2 Aux termes de l'article L. 521-2 du code de justice administrative : " Saisi d'une demande en ce sens justifiée par l'urgence, le juge des référés peut ordonner toutes mesures nécessaires à la sauvegarde d'une liberté fondamentale à laquelle une personne morale de droit public ou un organisme de droit privé chargé de la gestion d'un service public aurait porté, dans l'exercice d'un de ses pouvoirs, une atteinte grave et manifestement illégale. / Le juge des référés se prononce dans un délai de quarante-huit heures ". L'article L. 522-3 du même code dispose : " Lorsque la demande ne présente pas un caractère d'urgence ou lorsqu'il apparaît manifeste, au vu de la demande, que celle-ci ne relève pas de la compétence de la juridiction administrative, qu'elle est irrecevable ou qu'elle est mal fondée, le juge des référés peut la rejeter par une ordonnance motivée sans qu'il y ait lieu d'appliquer les deux premiers alinéas de l'article L. 522-1 ".

3 Le requérant qui saisit le juge des référés sur le fondement des dispositions de l'article L. 521-2 du code de justice administrative doit justifier des circonstances particulières caractérisant la nécessité pour lui de bénéficier à très bref délai d'une mesure de la nature de celles qui peuvent être ordonnées sur le fondement de cet article. Ne constitue pas une telle circonstance particulière le seul fait que l'étranger se soit vu opposer un refus de délivrance d'un titre de séjour, alors même qu'une présomption d'urgence serait en principe constatée, notamment en cas de demande de renouvellement d'un titre de séjour, si le juge des référés était saisi sur le fondement des dispositions de l'article L. 521-1 du même code.

4 Aux termes de l'article L. 433-2 du code de l'entrée et du séjour des étrangers et du droit d'asile : " Sous réserve de l'absence de menace grave pour l'ordre public, de l'établissement de la résidence habituelle de l'étranger en France et des articles L. 411-5 et

L. 432-3, une carte de résident est renouvelable de plein droit ". Aux termes de l'article L. 433-3 du même code : " Lorsque l'étranger titulaire d'une carte de séjour pluriannuelle d'une durée de quatre ans, d'une carte de résident ou d'un titre de séjour d'une durée supérieure à un an prévu par une stipulation internationale en demande le renouvellement, il peut justifier de la régularité de son séjour entre la date d'expiration de ce document et la décision prise par l'autorité administrative sur sa demande par la présentation de la carte ou du titre expiré, dans la limite de trois mois à compter de cette date d'expiration. (.) ".

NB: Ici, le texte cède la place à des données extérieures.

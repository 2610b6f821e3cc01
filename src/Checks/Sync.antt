-- ===== src/Checks/Sync.antt =====
-- What a consumer of the messages sees of the driver's last values: the items of `updates`, behind
-- those of earlier rounds, show each value that a check of driver/src/check.c keeps.
pub mod Own
pub mod Frames
pub mod Steps
pub mod Programs
pub mod Round
use fanuc_driver.CString.{c_str}
use fanuc_driver.Checks.State.{Driver}
use fanuc_driver.Prelude.{String, ◌≡◌, Option, none, some, List, [], ◌∷◌, ◌++◌, ℤ}
use fanuc_driver.Report.{number, Object, create_number, create_string}
use fanuc_driver.Report.Frame.{Fields, Shows}
use fanuc_driver.Types.{
  MachineMessage, MachineStatus, MachinePartCount, MachineCycleTime, MachineDynamic,
  MachineToolInfo, MachineBlock,
}

module _ {D : Type 0} where
  abbrev pub part_fields : Fields MachinePartCount D
  part_fields = ("part_count", λ v. create_number v.count) ∷ []

  abbrev pub cycle_fields : Fields MachineCycleTime D
  cycle_fields = ("cycle_time", λ v. create_number v.time) ∷ []

  -- All of the status but `estop`, which follows another test, and `alarm`, a key that the dynamic
  -- values have too.
  abbrev pub status_fields : Fields MachineStatus D
  status_fields =
      ("execution", λ v. create_string (c_str v.execution))
      ∷ ("mode", λ v. create_string (c_str v.mode))
      ∷ ("aut", λ v. create_number v.raw.aut)
      ∷ ("edit", λ v. create_number v.raw.edit)
      ∷ ("emergency", λ v. create_number v.raw.emergency)
      ∷ ("hdck", λ v. create_number v.raw.hdck)
      ∷ ("motion", λ v. create_number v.raw.motion)
      ∷ ("mstb", λ v. create_number v.raw.mstb)
      ∷ ("run", λ v. create_number v.raw.run)
      ∷ []

  abbrev pub tool_fields : Fields MachineToolInfo D
  tool_fields =
      ("tool_id", λ v. create_number v.id) ∷ ("tool_group", λ v. create_number v.group) ∷ []

  abbrev pub dynamic_fields : Fields (MachineDynamic D) D
  dynamic_fields =
      ("cprogram", λ v. create_number v.cprogram)
      ∷ ("mprogram", λ v. create_number v.mprogram)
      ∷ ("sequence", λ v. create_number v.sequence)
      ∷ ("actf", λ v. create_number v.actf)
      ∷ ("acts", λ v. create_number v.acts)
      ∷ []

  abbrev pub message_fields : Fields MachineMessage D
  message_fields = ("message_number", λ v. create_number v.number) ∷ []

  abbrev pub block_fields : Fields MachineBlock D
  block_fields =
      ("block", λ v. create_string (c_str v.block))
      ∷ ("block_num", λ v. create_number v.blk_num)
      ∷ []

-- The variables that the checks share hold the last values.
abbrev pub CountShared : ℤ → Option MachinePartCount → Type 0
CountShared z none = Unit
CountShared z (some v) = z ≡ v.count

abbrev pub ProgramsShared : {D : Type 0} → ℤ → ℤ → Option (MachineDynamic D) → Type 0
ProgramsShared c m none = Unit
ProgramsShared c m (some v) = (c ≡ v.cprogram) × (m ≡ v.mprogram)

-- A consumer with the items `h` of the earlier rounds and those of this one is up to date.
pub record Synced {W D : Type 0} (h : Object D) (d : Driver W D) : Type 0 where
  pub part : Shows part_fields d.last_part_count (h ++ d.updates)
  pub cycle : Shows cycle_fields d.last_cycle_time (h ++ d.updates)
  pub status : Shows status_fields d.last_status (h ++ d.updates)
  pub tool : Shows tool_fields d.last_tool_info (h ++ d.updates)
  pub dynamic : Shows dynamic_fields d.last_dynamic (h ++ d.updates)
  pub message : Shows message_fields d.last_message (h ++ d.updates)
  pub block : Shows block_fields d.last_block (h ++ d.updates)
  pub count_shared : CountShared d.part_count d.last_part_count
  pub programs_shared : ProgramsShared d.c_program_num d.m_program_num d.last_dynamic

-- The keys of each check.
abbrev pub part_keys : List String
part_keys = "part_count" ∷ []

abbrev pub cycle_keys : List String
cycle_keys = "cycle_time" ∷ []

abbrev pub tool_keys : List String
tool_keys = "tool_id" ∷ "tool_group" ∷ []

abbrev pub message_keys : List String
message_keys = "message_number" ∷ "message_text" ∷ []

abbrev pub block_keys : List String
block_keys = "block" ∷ "block_num" ∷ []

abbrev pub status_keys : List String
status_keys =
    "execution" ∷ "mode" ∷ "estop" ∷ "alarm" ∷ "aut" ∷ "edit" ∷ "emergency" ∷ "hdck" ∷ "motion"
    ∷ "mstb" ∷ "run" ∷ []

abbrev pub array_keys : List String
array_keys = "absolute" ∷ "relative" ∷ "actual" ∷ "load" ∷ []

abbrev pub number_keys : List String
number_keys = "cprogram" ∷ "mprogram" ∷ "sequence" ∷ "actf" ∷ "acts" ∷ "alarm" ∷ []

abbrev pub program_keys : List String
program_keys = "program_name" ∷ "program_path" ∷ "program_header" ∷ "program_size" ∷ "program" ∷ []
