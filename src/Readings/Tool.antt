-- ===== src/Readings/Tool.antt =====
-- getMachineToolInfo of driver/src/data.c.
pub mod Laws
use fanuc_driver.Prelude.{
  ℕ, ℤ, pos, Bool, true, false, not, ◌&&◌, if◌then◌else◌, ◌==ℤ◌, Outcome, returns, continue, ◌>>=◌,
  ◌>>◌, pure, gets, modify,
}
use fanuc_driver.Clock.{elapsed}
use fanuc_driver.Focas.{Focas, EwCode, Odbtlife3}
use fanuc_driver.Types.{MachineToolInfo}
use fanuc_driver.Env.{Env}
use fanuc_driver.Env.Reader.{Reader, Get, call, now, is_ok}

module _ {W D : Type 0} (env : Env W D) where
  -- The branch of the tool management method, `if (toolManagementEnabled)`.
  unfoldable pub managed_tool : MachineToolInfo → Get W D MachineToolInfo
  managed_tool v = do
    (ret, tool_id) ← call (λ h. env.focas.cnc_rdntool h 0)
    if is_ok ret && not (tool_id.tool ==ℤ pos 0)
        then pure (record v { id = tool_id.tool; group = tool_id.datano })
        else (do
          modify (λ s. record s { tool_management_enabled = false; use_modal_tool_data = true })
          pure v)

  -- The branch of the modal method, `if (useModalToolData)`; 108 reads the T command.
  unfoldable pub modal_tool : MachineToolInfo → Get W D MachineToolInfo
  modal_tool v = do
    (ret, aux_data) ← call (λ h. env.focas.cnc_modal h 108 1)
    if is_ok ret
        then pure (record v { id = aux_data; group = pos 0 })
        else (do modify (λ s. record s { use_modal_tool_data = false }); pure v)

  unfoldable pub get_machine_tool_info : MachineToolInfo → Get W D MachineToolInfo
  get_machine_tool_info v = do
    t0 ← now env.clock_gettime
    enabled ← gets (λ s. s.tool_management_enabled)
    v' ← (if enabled then managed_tool v else pure v)
    modal ← gets (λ s. s.use_modal_tool_data)
    v'' ← (if modal then modal_tool v' else pure v')
    t1 ← now env.clock_gettime
    pure (record v'' { execution_duration = elapsed t0 t1 })
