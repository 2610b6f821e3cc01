-- ===== src/Checks/Tool.antt =====
-- checkMachineToolInfo of driver/src/check.c.
use fanuc_driver.Checks.State.{Driver, Check, freed_last, take_reading, add_duration}
use fanuc_driver.Env.{Env}
use fanuc_driver.Prelude.{not, some, ◌==ℤ◌, ◌>>=◌, modify}
use fanuc_driver.Readings.Tool.{get_machine_tool_info}
use fanuc_driver.Report.{add_if, create_number, is_new}
use fanuc_driver.Types.{MachineToolInfo}

module _ {W D : Type 0} where
  unfoldable pub report_tool_info : MachineToolInfo → Driver W D → Driver W D
  unfolding add_if
  report_tool_info v d =
      let lv = d.last_tool_info in
      let o1 =
        add_if (is_new lv (λ l. not (l.id ==ℤ v.id))) "tool_id" (create_number v.id) d.updates in
      let o2 =
        add_if (is_new lv (λ l. not (l.group ==ℤ v.group))) "tool_group" (create_number v.group)
          o1 in
      let d2 = add_duration "tool" v.execution_duration (record d { updates = o2 }) in
      record d2 { blocks = freed_last lv d2.blocks; last_tool_info = some v }

module _ {W D : Type 0} (env : Env W D) where
  unfoldable pub check_machine_tool_info : Check W D (Unit {0})
  check_machine_tool_info = do
    v ← take_reading (λ u. u.tool_info) env (get_machine_tool_info env)
    modify (report_tool_info v)
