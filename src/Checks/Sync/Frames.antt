-- ===== src/Checks/Sync/Frames.antt =====
-- Which keys each check touches, of the object `updates`.
use mathlib.Core.Path.{subst}
use fanuc_driver.Checks.Block.{report_block}
use fanuc_driver.Checks.Counters.{report_part_count, report_cycle_time}
use fanuc_driver.Checks.Dynamic.{
  number_updates, first_of_array, array_changed, add_array, array_updates,
}
use fanuc_driver.Checks.State.{Driver}
use fanuc_driver.Checks.Status.{status_updates, report_message}
use fanuc_driver.Checks.Sync.{
  status_keys, array_keys, number_keys, program_keys, part_keys, cycle_keys, tool_keys,
  message_keys, block_keys,
}
use fanuc_driver.Checks.Tool.{report_tool_info}
use fanuc_driver.Prelude.{
  refl, Option, ℕ, String, ◌≡◌, inl, inr, Bool, true, false, none, some, List, arith, Option-cases,
  pos_part, ◌>>?◌,
}
use fanuc_driver.Report.{Object, numbers, add}
use fanuc_driver.Report.Frame.{Frame, Frame-refl, Frame-add, Frame-add_if, all_differ, is_in}
use fanuc_driver.Types.{
  MachineMessage, MachineStatus, MachinePartCount, MachineCycleTime, MachineDynamic,
  MachineToolInfo, MachineBlock, MachineProgram, MachineProgramContents, MachineProgramName,
}
use fanuc_driver.Report.Latest.{view_laws}
use fanuc_driver.Env.{Floats}
use fanuc_driver.CString.{Bytes}
use fanuc_driver.Checks.Programs.{
  report_program_header, report_program_contents, store_program_name,
}

module _ {W D : Type 0} where
  pub part-Frame :
      (v : MachinePartCount) (d : Driver W D)
      → Frame part_keys d.updates ((report_part_count v d).updates)
  unfolding report_part_count
  part-Frame v d =
      Frame-add_if part_keys d.updates _ _ "part_count" _ refl (Frame-refl part_keys d.updates)

  pub tool-Frame :
      (v : MachineToolInfo) (d : Driver W D)
      → Frame tool_keys d.updates ((report_tool_info v d).updates)
  unfolding report_tool_info
  tool-Frame v d =
      Frame-add_if tool_keys d.updates _ _ "tool_group" _ refl
        (Frame-add_if tool_keys d.updates _ _ "tool_id" _ refl (Frame-refl tool_keys d.updates))

  pub message-Frame :
      (v : MachineMessage) (d : Driver W D)
      → Frame message_keys d.updates ((report_message v d).updates)
  unfolding report_message
  message-Frame v d = Frame-add_if message_keys d.updates _ _ "message_text" _ refl (
      Frame-add_if message_keys d.updates _ _ "message_number" _ refl
        (Frame-refl message_keys d.updates))

  pub block-Frame :
      (v : MachineBlock) (d : Driver W D) → Frame block_keys d.updates ((report_block v d).updates)
  unfolding report_block
  block-Frame v d =
      Frame-add_if block_keys d.updates _ _ "block_num" _ refl
        (Frame-add_if block_keys d.updates _ _ "block" _ refl (Frame-refl block_keys d.updates))

  pub cycle-Frame :
      (v : MachineCycleTime) (d : Driver W D)
      → Frame cycle_keys d.updates (report_cycle_time v d).updates
  unfolding report_cycle_time
  cycle-Frame v d =
      Frame-add cycle_keys d.updates _ "cycle_time" _ refl (Frame-refl cycle_keys d.updates)

pub status-Frame :
    {D : Type 0} (lv : Option MachineStatus) (v : MachineStatus) (o : Object D)
    → Frame status_keys o (status_updates lv v o)
unfolding status_updates
status-Frame lv v o k i =
    let x = all_differ k status_keys i in
    simp (
      view_laws, x.0, x.1.0, x.1.1.0, x.1.1.1.0, x.1.1.1.1.0, x.1.1.1.1.1.0, x.1.1.1.1.1.1.0,
      x.1.1.1.1.1.1.1.0, x.1.1.1.1.1.1.1.1.0, x.1.1.1.1.1.1.1.1.1.0, x.1.1.1.1.1.1.1.1.1.1.0,
    )

pub numbers-Frame :
    {D : Type 0} (lv : Option (MachineDynamic D)) (v : MachineDynamic D) (o : Object D)
    → Frame number_keys o (number_updates lv v o)
unfolding number_updates
numbers-Frame lv v o k i =
    let x = all_differ k number_keys i in
    simp (view_laws, x.0, x.1.0, x.1.1.0, x.1.1.1.0, x.1.1.1.1.0, x.1.1.1.1.1.0)

-- A step that stays in its buffer has an intermediate result.
pub steps :
    {A B : Type 0} (m : Option A) (k : A → Option B) (b : B)
    → (m >>? k) ≡ some b
    → (a : A) × (m ≡ some a) × (k a ≡ some b)
steps none k b e = cc
steps (some a) k b e = (a, refl, e)

pub add_array-Frame :
    {D : Type 0} (ks : List String) (b : Bool) (k : String) (n : ℕ) (xs : List D)
    (o0 o o' : Object D)
    → is_in k ks ≡ true
    → Frame ks o0 o
    → add_array b k n xs o ≡ some o'
    → Frame ks o0 o'
unfolding add_array
add_array-Frame ks false k n xs o0 o o' i f e = let same : o ≡ o' = cc in subst (Frame ks o0) same f
add_array-Frame ks true k n xs o0 o o' i f e = elim (Option-cases (first_of_array n xs)) [
  | inl z ↦ absurd (ground arith)
  | inr (r, z) ↦
      let same : add k (numbers r) o ≡ o' = ground arith in
      subst (Frame ks o0) same (Frame-add ks o0 o k (numbers r) i f)
]

pub arrays-Frame :
    {D : Type 0} (floats : Floats D) (lv : Option (MachineDynamic D)) (v : MachineDynamic D)
    (o o' : Object D)
    → array_updates floats lv v o ≡ some o'
    → Frame array_keys o o'
unfolding array_updates
arrays-Frame floats lv v o o' e =
    let n = pos_part v.dim in
    let (abs, _, e1) = steps (array_changed floats lv (λ l. l.absolute) n v) _ o' e in
    let (rel, _, e2) = steps (array_changed floats lv (λ l. l.relative) n v) _ o' e1 in
    let (act, _, e3) = steps (array_changed floats lv (λ l. l.actual) n v) _ o' e2 in
    let (load, _, e4) = steps (array_changed floats lv (λ l. l.load) n v) _ o' e3 in
    let (o1, a1, e5) = steps (add_array abs "absolute" n v.absolute o) _ o' e4 in
    let (o2, a2, e6) = steps (add_array rel "relative" n v.relative o1) _ o' e5 in
    let (o3, a3, e7) = steps (add_array act "actual" n v.actual o2) _ o' e6 in
    add_array-Frame array_keys load "load" n v.load o o3 o' refl
      (add_array-Frame array_keys act "actual" n v.actual o o2 o3 refl
        (add_array-Frame array_keys rel "relative" n v.relative o o1 o2 refl
          (add_array-Frame array_keys abs "absolute" n v.absolute o o o1 refl
            (Frame-refl array_keys o) a1)
          a2)
        a3)
      e7

-- The checks of the programs add under their own keys.
module _ {W D : Type 0} where
  pub header-Frame :
      (v : MachineProgram) (d : Driver W D)
      → Frame program_keys d.updates (report_program_header v d).updates
  unfolding report_program_header
  header-Frame v d =
      Frame-add program_keys d.updates d.updates "program_header" _ refl
        (Frame-refl program_keys d.updates)

  pub contents-Frame :
      (v : MachineProgramContents) (d : Driver W D)
      → Frame program_keys d.updates (report_program_contents v d).updates
  unfolding report_program_contents
  contents-Frame v d = Frame-add program_keys d.updates _ "program" _ refl (
      Frame-add program_keys d.updates d.updates "program_size" _ refl
        (Frame-refl program_keys d.updates))

  pub name-Frame :
      (v : MachineProgramName) (path : Bytes) (d : Driver W D)
      → Frame program_keys d.updates (store_program_name v path d).updates
  unfolding store_program_name
  name-Frame v path d = Frame-add program_keys d.updates _ "program_path" _ refl (
      Frame-add program_keys d.updates d.updates "program_name" _ refl
        (Frame-refl program_keys d.updates))
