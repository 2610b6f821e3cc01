-- ===== src/Checks/Dynamic/Arrays.antt =====
-- What a consumer sees of the four arrays of checkMachineDynamic, which are compared element by
-- element and reported whole.
use mathlib.Core.Path.{subst}
use fanuc_driver.Checks.Dynamic.{first_of_array, any_ne, array_changed, add_array, array_updates}
use fanuc_driver.Report.Latest.{latest, latest-add, latest-append}
use fanuc_driver.Env.{Floats}
use fanuc_driver.Prelude.{
  ℕ, zero, suc, String, ◌≡◌, refl, ap, ◌∙◌, ◌⊎◌, inl, inr, Bool, false, ◌||◌, Option, none, some,
  List, [], ◌∷◌, arith, ◌<◌, true, ◌++◌, eq_iff, pos_part,
}
use fanuc_driver.Report.{numbers, Object, add}
use fanuc_driver.Types.{MachineDynamic}
use fanuc_driver.Checks.Sync.Frames.{steps, add_array-Frame}
use fanuc_driver.Report.Frame.{is_in, Frame, Frame-refl, Frame-append}

-- An element is shown as one that `!=` does not tell from it.
abbrev pub Same : {D : Type 0} → (D → D → Bool) → D → D → Type 0
Same ne x y = (x ≡ y) ⊎ (ne x y ≡ false)

-- The list `r` shows the first `n` elements of the array `xs`, and no more.
abbrev pub ShowsFirst : {D : Type 0} → (D → D → Bool) → ℕ → List D → List D → Type 0
ShowsFirst ne zero [] xs = Unit
ShowsFirst ne zero (y ∷ r) xs = ⊥
ShowsFirst ne (suc n) [] xs = ⊥
ShowsFirst ne (suc n) (y ∷ r) [] = ⊥
ShowsFirst ne (suc n) (y ∷ r) (x ∷ xs) = Same ne y x × ShowsFirst ne n r xs

module _ {D : Type 0} (floats : Floats D) where
  -- The latest item of the key shows the last array.
  abbrev pub ArrayView :
      String → (MachineDynamic D → List D) → ℕ → Option (MachineDynamic D) → Object D → Type 0
  ArrayView k array n none o = Unit
  ArrayView k array n (some v) o =
      (r : List D) × (latest k o ≡ some (numbers r)) × ShowsFirst floats.ne n r (array v)

  first-ShowsFirst :
      (n : ℕ) (xs r : List D) → first_of_array n xs ≡ some r → ShowsFirst floats.ne n r xs
  unfolding first_of_array
  first-ShowsFirst zero xs [] e = tt
  first-ShowsFirst zero xs (y ∷ r) e = cc
  first-ShowsFirst (suc n) [] r e = cc
  first-ShowsFirst (suc n) (x ∷ xs) r e = go (first_of_array n xs) refl e (first-ShowsFirst n xs)
    where
      go :
          (m : Option (List D))
          → first_of_array n xs ≡ m
          → (elim m as (λ _. Option (List D)) [ none ↦ none | some q ↦ some (x ∷ q) ]) ≡ some r
          → ((q : List D) → first_of_array n xs ≡ some q → ShowsFirst floats.ne n q xs)
          → ShowsFirst floats.ne (suc n) r (x ∷ xs)
      go none h e ih = cc
      go (some q) h e ih =
          let same : x ∷ q ≡ r = cc in
          subst (λ z. ShowsFirst floats.ne (suc n) z (x ∷ xs)) same (inl refl, ih q h)

  -- `!=` is no difference that adds up.
  module _
      (trans : (a b c : D)
        → floats.ne a b ≡ false
        → floats.ne b c ≡ false
        → floats.ne a c ≡ false) where
    Same-trans : (a b c : D) → Same floats.ne a b → floats.ne b c ≡ false → Same floats.ne a c
    Same-trans a b c (inl e) h = inr (rw e h)
    Same-trans a b c (inr e) h = inr (trans a b c e h)

    any_ne-ShowsFirst :
        (n : ℕ) (xs ys r : List D)
        → any_ne floats.ne n xs ys ≡ some false
        → ShowsFirst floats.ne n r xs
        → ShowsFirst floats.ne n r ys
    unfolding any_ne
    any_ne-ShowsFirst zero xs ys [] e s = tt
    any_ne-ShowsFirst zero xs ys (y ∷ r) e s = s
    any_ne-ShowsFirst (suc n) xs ys [] e s = s
    any_ne-ShowsFirst (suc n) [] ys (z ∷ r) e s = cc
    any_ne-ShowsFirst (suc n) (x ∷ xs) [] (z ∷ r) e s = cc
    any_ne-ShowsFirst (suc n) (x ∷ xs) (y ∷ ys) (z ∷ r) e (a, s) =
        go (any_ne floats.ne n xs ys) refl e (λ h. any_ne-ShowsFirst n xs ys r h s)
      where
        go :
            (m : Option Bool)
            → any_ne floats.ne n xs ys ≡ m
            → (elim m as (λ _. Option Bool) [ none ↦ none | some b ↦ some (floats.ne x y || b) ])
              ≡ some false
            → (any_ne floats.ne n xs ys ≡ some false → ShowsFirst floats.ne n r ys)
            → ShowsFirst floats.ne (suc n) (z ∷ r) (y ∷ ys)
        go none h e ih = cc
        go (some b) h e ih =
            let here : floats.ne x y ≡ false = ground arith in
            let rest : b ≡ false = ground arith in (Same-trans z x y a here, ih (h ∙ ap some rest))

    -- One array: with the items that its flag adds, the consumer is up to date again.
    add_array-ArrayView :
        (k : String) (array : MachineDynamic D → List D) (n : ℕ) (lv : Option (MachineDynamic D))
        (v : MachineDynamic D) (h o o' : Object D) (b : Bool)
        → 0 < n
        → array_changed floats lv array n v ≡ some b
        → add_array b k n (array v) o ≡ some o'
        → ArrayView k array n lv (h ++ o)
        → ArrayView k array n (some v) (h ++ o')
    unfolding array_changed add_array
    add_array-ArrayView k array n lv v h o o' true p c e s = go (first_of_array n (array v)) refl e
      where
        go :
            (m : Option (List D))
            → first_of_array n (array v) ≡ m
            → (elim m as (λ _. Option (Object D)) [
              | none ↦ none
              | some r ↦ some (add k (numbers r) o)
            ])
              ≡ some o'
            → ArrayView k array n (some v) (h ++ o')
        go none f e = cc
        go (some r) f e =
            let same : add k (numbers r) o ≡ o' = cc in
            (
              r,
              subst (λ u. latest k (h ++ u) ≡ some (numbers r)) same
                  (latest-append k h (add k (numbers r) o)
                    ∙ (rw (latest-add k k (numbers r) o, (eq_iff k k).1 refl) refl)),
              first-ShowsFirst n (array v) r f,
            )
    add_array-ArrayView k array n none v h o o' false p c e s = ground arith
    add_array-ArrayView k array n (some l) v h o o' false p c e (r, q, s) =
        let same : o ≡ o' = cc in
        (
          r,
          subst (λ u. latest k (h ++ u) ≡ some (numbers r)) same q,
          any_ne-ShowsFirst n (array l) (array v) r c s,
        )

  -- All four arrays.
  abbrev pub ArraysView : ℕ → Option (MachineDynamic D) → Object D → Type 0
  ArraysView n lv o =
      ArrayView "absolute" (λ l. l.absolute) n lv o
      × ArrayView "relative" (λ l. l.relative) n lv o
      × ArrayView "actual" (λ l. l.actual) n lv o
      × ArrayView "load" (λ l. l.load) n lv o

  -- An array's item touches no other key.
  one_array-Frame :
      (k : String) (b : Bool) (n : ℕ) (xs : List D) (h o o' : Object D)
      → is_in k (k ∷ []) ≡ true
      → add_array b k n xs o ≡ some o'
      → Frame (k ∷ []) (h ++ o) (h ++ o')
  one_array-Frame k b n xs h o o' i e =
      Frame-append (k ∷ []) h o o'
        (add_array-Frame (k ∷ []) b k n xs o o o' i (Frame-refl (k ∷ []) o) e)

  ArrayView-Frame :
      (k : String) (ks : List String) (array : MachineDynamic D → List D) (n : ℕ)
      (lv : Option (MachineDynamic D)) (o o' : Object D)
      → is_in k ks ≡ false
      → Frame ks o o'
      → ArrayView k array n lv o
      → ArrayView k array n lv o'
  ArrayView-Frame k ks array n none o o' i f s = tt
  ArrayView-Frame k ks array n (some l) o o' i f (r, e, s) = (r, f k i ∙ e, s)

  -- Where `!=` is transitive as a test of sameness, and there is an axis at least: if a consumer sees
  -- each of the last four arrays, by elements that `!=` does not tell from it, then he sees the
  -- next ones so, with the items that the check adds; with no last value he does from the first
  -- check on. `h` are the items of earlier rounds, and the arrays have the new count of axes.
  pub arrays_synced :
      ((a b c : D) → floats.ne a b ≡ false → floats.ne b c ≡ false → floats.ne a c ≡ false)
      → (lv : Option (MachineDynamic D)) (v : MachineDynamic D) (h o o' : Object D)
      → 0 < pos_part v.dim
      → array_updates floats lv v o ≡ some o'
      → ArraysView (pos_part v.dim) lv (h ++ o)
      → ArraysView (pos_part v.dim) (some v) (h ++ o')
  unfolding array_updates
  arrays_synced trans lv v h o o' p e (sa, sr, sc, sl) =
      let n = pos_part v.dim in
      let (abs, c1, e1) = steps (array_changed floats lv (λ l. l.absolute) n v) _ o' e in
      let (rel, c2, e2) = steps (array_changed floats lv (λ l. l.relative) n v) _ o' e1 in
      let (act, c3, e3) = steps (array_changed floats lv (λ l. l.actual) n v) _ o' e2 in
      let (load, c4, e4) = steps (array_changed floats lv (λ l. l.load) n v) _ o' e3 in
      let (o1, a1, e5) = steps (add_array abs "absolute" n v.absolute o) _ o' e4 in
      let (o2, a2, e6) = steps (add_array rel "relative" n v.relative o1) _ o' e5 in
      let (o3, a3, a4) = steps (add_array act "actual" n v.actual o2) _ o' e6 in
      let f1 = one_array-Frame "absolute" abs n v.absolute h o o1 refl a1 in
      let f2 = one_array-Frame "relative" rel n v.relative h o1 o2 refl a2 in
      let f3 = one_array-Frame "actual" act n v.actual h o2 o3 refl a3 in
      let f4 = one_array-Frame "load" load n v.load h o3 o' refl a4 in
      let va =
        add_array-ArrayView trans "absolute" (λ l. l.absolute) n lv v h o o1 abs p c1 a1 sa in
      let vr =
        add_array-ArrayView trans "relative" (λ l. l.relative) n lv v h o1 o2 rel p c2 a2
          (ArrayView-Frame "relative" ("absolute" ∷ []) (λ l. l.relative) n lv _ _ refl f1 sr) in
      let vc =
        add_array-ArrayView trans "actual" (λ l. l.actual) n lv v h o2 o3 act p c3 a3
          (ArrayView-Frame "actual" ("relative" ∷ []) (λ l. l.actual) n lv _ _ refl f2
            (ArrayView-Frame "actual" ("absolute" ∷ []) (λ l. l.actual) n lv _ _ refl f1 sc)) in
      let vl =
        add_array-ArrayView trans "load" (λ l. l.load) n lv v h o3 o' load p c4 a4
          (ArrayView-Frame "load" ("actual" ∷ []) (λ l. l.load) n lv _ _ refl f3
            (ArrayView-Frame "load" ("relative" ∷ []) (λ l. l.load) n lv _ _ refl f2
              (ArrayView-Frame "load" ("absolute" ∷ []) (λ l. l.load) n lv _ _ refl f1 sl))) in
      (
        ArrayView-Frame "absolute" ("load" ∷ []) (λ l. l.absolute) n (some v) _ _ refl f4
            (ArrayView-Frame "absolute" ("actual" ∷ []) (λ l. l.absolute) n (some v) _ _ refl f3
              (ArrayView-Frame "absolute" ("relative" ∷ []) (λ l. l.absolute) n (some v) _ _ refl f2
                va)),
        ArrayView-Frame "relative" ("load" ∷ []) (λ l. l.relative) n (some v) _ _ refl f4
            (ArrayView-Frame "relative" ("actual" ∷ []) (λ l. l.relative) n (some v) _ _ refl f3
              vr),
        ArrayView-Frame "actual" ("load" ∷ []) (λ l. l.actual) n (some v) _ _ refl f4 vc,
        vl,
      )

5 En l'espèce, il ressort des pièces du dossier que l'attestation de prolongation d'instruction de Mme B n'a pas été renouvelée au-delà du 26 décembre 2024. Cette absence de renouvellement ne peut que révéler l'existence, à cette date, d'une décision implicite de rejet opposée par le préfet de Seine-et-Marne à la demande de renouvellement de la carte de résident de l'intéressée présentée par l'intéressée le 13 août 2024.

6 Par suite, comme il l'a été précisé au point 3, une décision de refus de délivrance d'un titre de séjour ne portant pas, par elle-même, et quand bien même il serait soutenu que cette délivrance serait, comme en l'espèce, de plein droit, une atteinte grave et manifestement illégale à une liberté fondamentale au sens de l'article L. 521-2 du code de justice administrative, la requête de Mme B ne pourra qu'être rejetée selon la procédure de l'article L. 522-3 du code de justice administrative.

O R D O N N E :

Article 1er : La requête de Mme A B est rejetée.

Article 2 : La présente ordonnance sera notifiée à Madame A B épouse C et au préfet de Seine-et-Marne.

Le juge des référés,

Signé : M. AYMARD

La République mande et ordonne au ministre d'Etat, ministre de l'intérieur, en ce qui le concerne ou à tous commissaires de justice à ce requis en ce qui concerne les voies de droit commun contre les parties privées de pourvoir à l'exécution du présent jugement.